6- Karita Neghandi, étudiante en deuxième année de doctorat à l'INRS de Québec, s'intéresse avec son assistante Gabrièle Deslongchamps à l'effet des étangs de fonte de pergélisol sur le relâchement de méthane et autres gaz à effet de serre. Il faut les voir récolter leurs échantillons à partir d'un petit bateau pneumatique, plongeant les bras dans l'eau glacée!

7- Le matin, Josée-Anne Otis est chargée du «sked», l'un des deux rendez-vous radio quotidiens du monde des scientifiques de l'Arctique. Nous grimpons avec elle sur la colline pour rejoindre une petite tente isolée, au pied d'une antenne.
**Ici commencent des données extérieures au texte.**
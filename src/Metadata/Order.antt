-- ===== src/Metadata/Order.antt =====
-- TransposeOrder of src/zarr/array_metadata.cc: the orders that it gives are permutations of the axes.
use carta_zarr.Base.{
  ℕ, zero, suc, ◌+◌, ◌-◌, ◌<◌, ◌≡◌, ◌≢◌, refl, sym, ap, ◌∙◌, Bool, true, false, ◌||◌, List, [], ◌∷◌,
  Option, none, some, String, arith, if◌then◌else◌, leb, ◌==◌, leb→lt, ==→eq, Bool-cases,
  Option-cases, inl, inr, length, get_or, set, replicate, length-set, length-replicate,
  get_or-set_ne, ℕ_discrete,
}
use carta_zarr.Json.{View, member, array_of, string_of, non_negative}
use carta_zarr.Metadata.Codecs.{
  axes_up, axes_down, read_order, spelled_order, listed_order, transpose_order,
}
use package.text.Mathlib.Text.{◌==◌ as ◌same_text◌}

-- A list of `rank` axes in which every axis below `rank` stands.
pub record IsOrder (rank : ℕ) (axes : List ℕ) : Type 0 where
  pub sized : length axes ≡ rank
  pub below : (i : ℕ) → i < rank → get_or axes i 0 < rank
  pub onto : (j : ℕ) → j < rank → (i : ℕ) × (i < rank) × (get_or axes i 0 ≡ j)

axes_up_at : (n at i : ℕ) → i < n → get_or (axes_up at n) i 0 ≡ at + i
unfolding axes_up
axes_up_at zero at i h = absurd (omega arith)
axes_up_at (suc n) at zero h = omega arith
axes_up_at (suc n) at (suc i) h = omega (arith, axes_up_at n (suc at) i (omega arith))

length-axes_up : (n at : ℕ) → length (axes_up at n) ≡ n
unfolding axes_up
length-axes_up zero at = refl
length-axes_up (suc n) at = ap suc (length-axes_up n (suc at))

pub axes_up-IsOrder : (rank : ℕ) → IsOrder rank (axes_up 0 rank)
axes_up-IsOrder rank = record {
  sized = length-axes_up rank 0;
  below = λ i h. omega (arith, axes_up_at rank 0 i h);
  onto = λ j h. (j, h, omega (arith, axes_up_at rank 0 j h));
}

axes_down_at : (n i : ℕ) → i < n → get_or (axes_down n) i 0 ≡ n - 1 - i
unfolding axes_down
axes_down_at zero i h = absurd (omega arith)
axes_down_at (suc n) zero h = omega arith
axes_down_at (suc n) (suc i) h = omega (arith, axes_down_at n i (omega arith))

length-axes_down : (n : ℕ) → length (axes_down n) ≡ n
unfolding axes_down
length-axes_down zero = refl
length-axes_down (suc n) = ap suc (length-axes_down n)

axes_down-IsOrder : (rank : ℕ) → IsOrder rank (axes_down rank)
axes_down-IsOrder rank = record {
  sized = length-axes_down rank;
  below = λ i h. omega (arith, axes_down_at rank i h);
  onto = λ j h.
      (rank - 1 - j, omega arith, omega (arith, axes_down_at rank (rank - 1 - j) (omega arith)));
}

-- How many axes have not been seen.
unseen : List Bool → ℕ
unseen [] = 0
unseen (b ∷ seen) = (if b then 0 else 1) + unseen seen

unseen-set :
    (seen : List Bool) (i : ℕ)
    → i < length seen
    → get_or seen i false ≡ false
    → unseen (set seen i true) + 1 ≡ unseen seen
unfolding unseen
unseen-set [] i h e = absurd (omega arith)
unseen-set (b ∷ seen) zero h e = rw e (omega arith)
unseen-set (b ∷ seen) (suc i) h e = omega (arith, unseen-set seen i (omega arith) e)

unseen_none :
    (seen : List Bool) (i : ℕ) → unseen seen ≡ 0 → i < length seen → get_or seen i false ≢ false
unfolding unseen
unseen_none [] i z h e = absurd (omega arith)
unseen_none (true ∷ seen) zero z h e = cc
unseen_none (false ∷ seen) zero z h e = absurd (omega arith)
unseen_none (b ∷ seen) (suc i) z h e = unseen_none seen i (omega arith) (omega arith) e

unseen-replicate : (n : ℕ) → unseen (replicate n false) ≡ n
unfolding unseen
unseen-replicate zero = refl
unseen-replicate (suc n) = omega (arith, unseen-replicate n)

get_or-replicate : (n i : ℕ) → get_or (replicate n false) i false ≡ false
get_or-replicate zero i = refl
get_or-replicate (suc n) zero = refl
get_or-replicate (suc n) (suc i) = get_or-replicate n i

fresh-cases :
    (rank axis : ℕ) (b : Bool) → (leb rank axis || b) ≡ false → (axis < rank) × (b ≡ false)
fresh-cases rank axis b e = elim (Bool-cases (leb rank axis)) [
  | inl f ↦ absurd (let bad = (rw f at e) in cc)
  | inr f ↦ (leb→lt rank axis f, (rw f at e))
]

module _ {J : Type 0} (view : J → View J) where
  -- What is read, of the axes that are still unseen.
  record IsRest (rank : ℕ) (seen : List Bool) (size : ℕ) (axes : List ℕ) : Type 0 where
    sized : length axes ≡ size
    below : (i : ℕ) → i < size → get_or axes i 0 < rank
    onto :
        (j : ℕ)
        → j < rank
        → get_or seen j false ≡ false
        → (i : ℕ) × (i < size) × (get_or axes i 0 ≡ j)

  IsRest-cons :
      (rank : ℕ) (seen : List Bool) (axis size : ℕ) (rest : List ℕ)
      → rank ≡ length seen
      → axis < rank
      → get_or seen axis false ≡ false
      → IsRest rank (set seen axis true) size rest
      → IsRest rank seen (suc size) (axis ∷ rest)
  IsRest-cons rank seen axis size rest len within fresh v = record {
    sized = ap suc v.sized;
    below = below;
    onto = onto;
  }
    where
      below : (i : ℕ) → i < suc size → get_or (axis ∷ rest) i 0 < rank
      below zero h = within
      below (suc i) h = v.below i (omega arith)

      onto :
          (j : ℕ)
          → j < rank
          → get_or seen j false ≡ false
          → (i : ℕ) × (i < suc size) × (get_or (axis ∷ rest) i 0 ≡ j)
      onto j h e = elim (ℕ_discrete axis j) [
        | yes same ↦ (0, omega arith, same)
        | no other ↦
            let (i, inside, at) = v.onto j h (get_or-set_ne seen axis j true false other ∙ e) in
            (suc i, omega arith, at)
      ]

  read_order-IsRest :
      (rank : ℕ) (seen : List Bool) (js : List J) (axes : List ℕ)
      → length seen ≡ rank
      → unseen seen ≡ length js
      → read_order view rank seen js ≡ some axes
      → IsRest rank seen (length js) axes
  unfolding read_order
  read_order-IsRest rank seen [] axes len z e =
      let one : axes ≡ [] = cc in
      rw one (record {
        sized = refl;
        below = λ i h. absurd (omega arith);
        onto = λ j h f. absurd (unseen_none seen j z (omega arith) f);
      })
  read_order-IsRest rank seen (j ∷ js) axes len z e = elim (Option-cases (non_negative view j)) [
    | inl gone ↦ absurd (let bad = (rw (gone, read_order) at e) in cc)
    | inr (axis, given) ↦ elim (Bool-cases (leb rank axis || get_or seen axis false)) [
      | inl refused ↦ absurd (let bad = (rw (given, refused, read_order) at e) in cc)
      | inr fresh ↦ elim (Option-cases (read_order view rank (set seen axis true) js)) [
        | inl gone ↦ absurd (let bad = (rw (given, fresh, gone, read_order) at e) in cc)
        | inr (rest, more) ↦
            let one : axes ≡ axis ∷ rest =
              (let both = (rw (given, fresh, more, read_order) at e) in cc) in
            let (within, unseen_axis) = fresh-cases rank axis (get_or seen axis false) fresh in
            rw one (
              IsRest-cons rank seen axis (length js) rest (omega arith) within unseen_axis (
                read_order-IsRest rank (set seen axis true) js rest
                  (length-set seen axis true ∙ len)
                  (omega (arith, unseen-set seen axis (omega arith) unseen_axis)) more))
      ]
    ]
  ]

  listed_order-IsOrder :
      (rank : ℕ) (js : Option (List J)) (axes : List ℕ)
      → listed_order view rank js ≡ some axes
      → IsOrder rank axes
  unfolding listed_order
  listed_order-IsOrder rank none axes e = absurd cc
  listed_order-IsOrder rank (some js) axes e = elim (Bool-cases (length js == rank)) [
    | inr f ↦ absurd (let bad = (rw f at e) in cc)
    | inl f ↦
        let size : length js ≡ rank = ==→eq (length js) rank f in
        let all : IsRest rank (replicate rank false) (length js) axes =
          read_order-IsRest rank (replicate rank false) js axes (length-replicate rank false)
            (unseen-replicate rank ∙ sym size) (rw f at e) in
        record {
          sized = all.sized ∙ size;
          below = λ i h. all.below i (omega arith);
          onto = λ j h.
              let (i, inside, at) = all.onto j h (get_or-replicate rank j) in (i, omega arith, at);
        }
  ]

  spelled_order-IsOrder :
      (rank : ℕ) (spelling : String) (axes : List ℕ)
      → spelled_order view rank spelling ≡ some axes
      → IsOrder rank axes
  unfolding spelled_order
  spelled_order-IsOrder rank spelling axes e = elim (Bool-cases (spelling same_text "C")) [
    | inl f ↦
        let one : axes ≡ axes_up 0 rank = (let same = (rw f at e) in cc) in
        rw one (axes_up-IsOrder rank)
    | inr f ↦ elim (Bool-cases (spelling same_text "F")) [
      | inl g ↦
          let one : axes ≡ axes_down rank = (let same = (rw (f, g) at e) in cc) in
          rw one (axes_down-IsOrder rank)
      | inr g ↦ absurd (let bad = (rw (f, g) at e) in cc)
    ]
  ]

  -- Every order that TransposeOrder gives for `rank` axes has `rank` entries, each an axis below `rank`, and
  -- every axis below `rank` stands among them.
  pub transpose_order-IsOrder :
      (codec : J) (rank : ℕ) (axes : List ℕ)
      → transpose_order view codec rank ≡ some axes
      → IsOrder rank axes
  unfolding transpose_order
  transpose_order-IsOrder codec rank axes e =
      elim (Option-cases (member view codec "configuration")) [
        | inl f ↦ absurd (let bad = (rw (f, transpose_order) at e) in cc)
        | inr (configuration, f) ↦ elim (Option-cases (member view configuration "order")) [
          | inl g ↦ absurd (let bad = (rw (f, g, transpose_order) at e) in cc)
          | inr (order, g) ↦ elim (Option-cases (string_of view order)) [
            | inr (spelling, h) ↦
                spelled_order-IsOrder rank spelling axes (rw (f, g, h, transpose_order) at e)
            | inl h ↦
                listed_order-IsOrder rank (array_of view order) axes
                  (rw (f, g, h, transpose_order) at e)
          ]
        ]
      ]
Couchée sous la tente, elle se branche sur le canal 1, «inter-Bylot», pour prendre des nouvelles de «Bylot 2», camp secondaire de l'île, à une trentaine de kilomètres, où trois étudiants étudient l'arrivée et la nidification des oies des neiges avant leur «transhumance», à pied et en famille, vers la vallée Qarlikturvik.

8- Deux autres équipes concentrent leurs études à quelques centaines de mètres du camp dans les petits étangs formés par la fonte du pergélisol. Catherine Girard, étudiante en doctorat à l'Université de Montréal en est à son troisième été sur l'île Bylot, y étudie en solitaire les effets du mercure sur les milieux aquatiques. Tout en préparant une expérience de dépôt de toile sur une mare, elle s'exclame: «C'est un cadeau d'être ici, une expérience exceptionnelle. On travaille fort mais on aime tellement la science», ajoute celle que ne rebute pas le fait de venir faire des relevés toutes les six heures, chaque jour et nuit, au bord de «son» étang.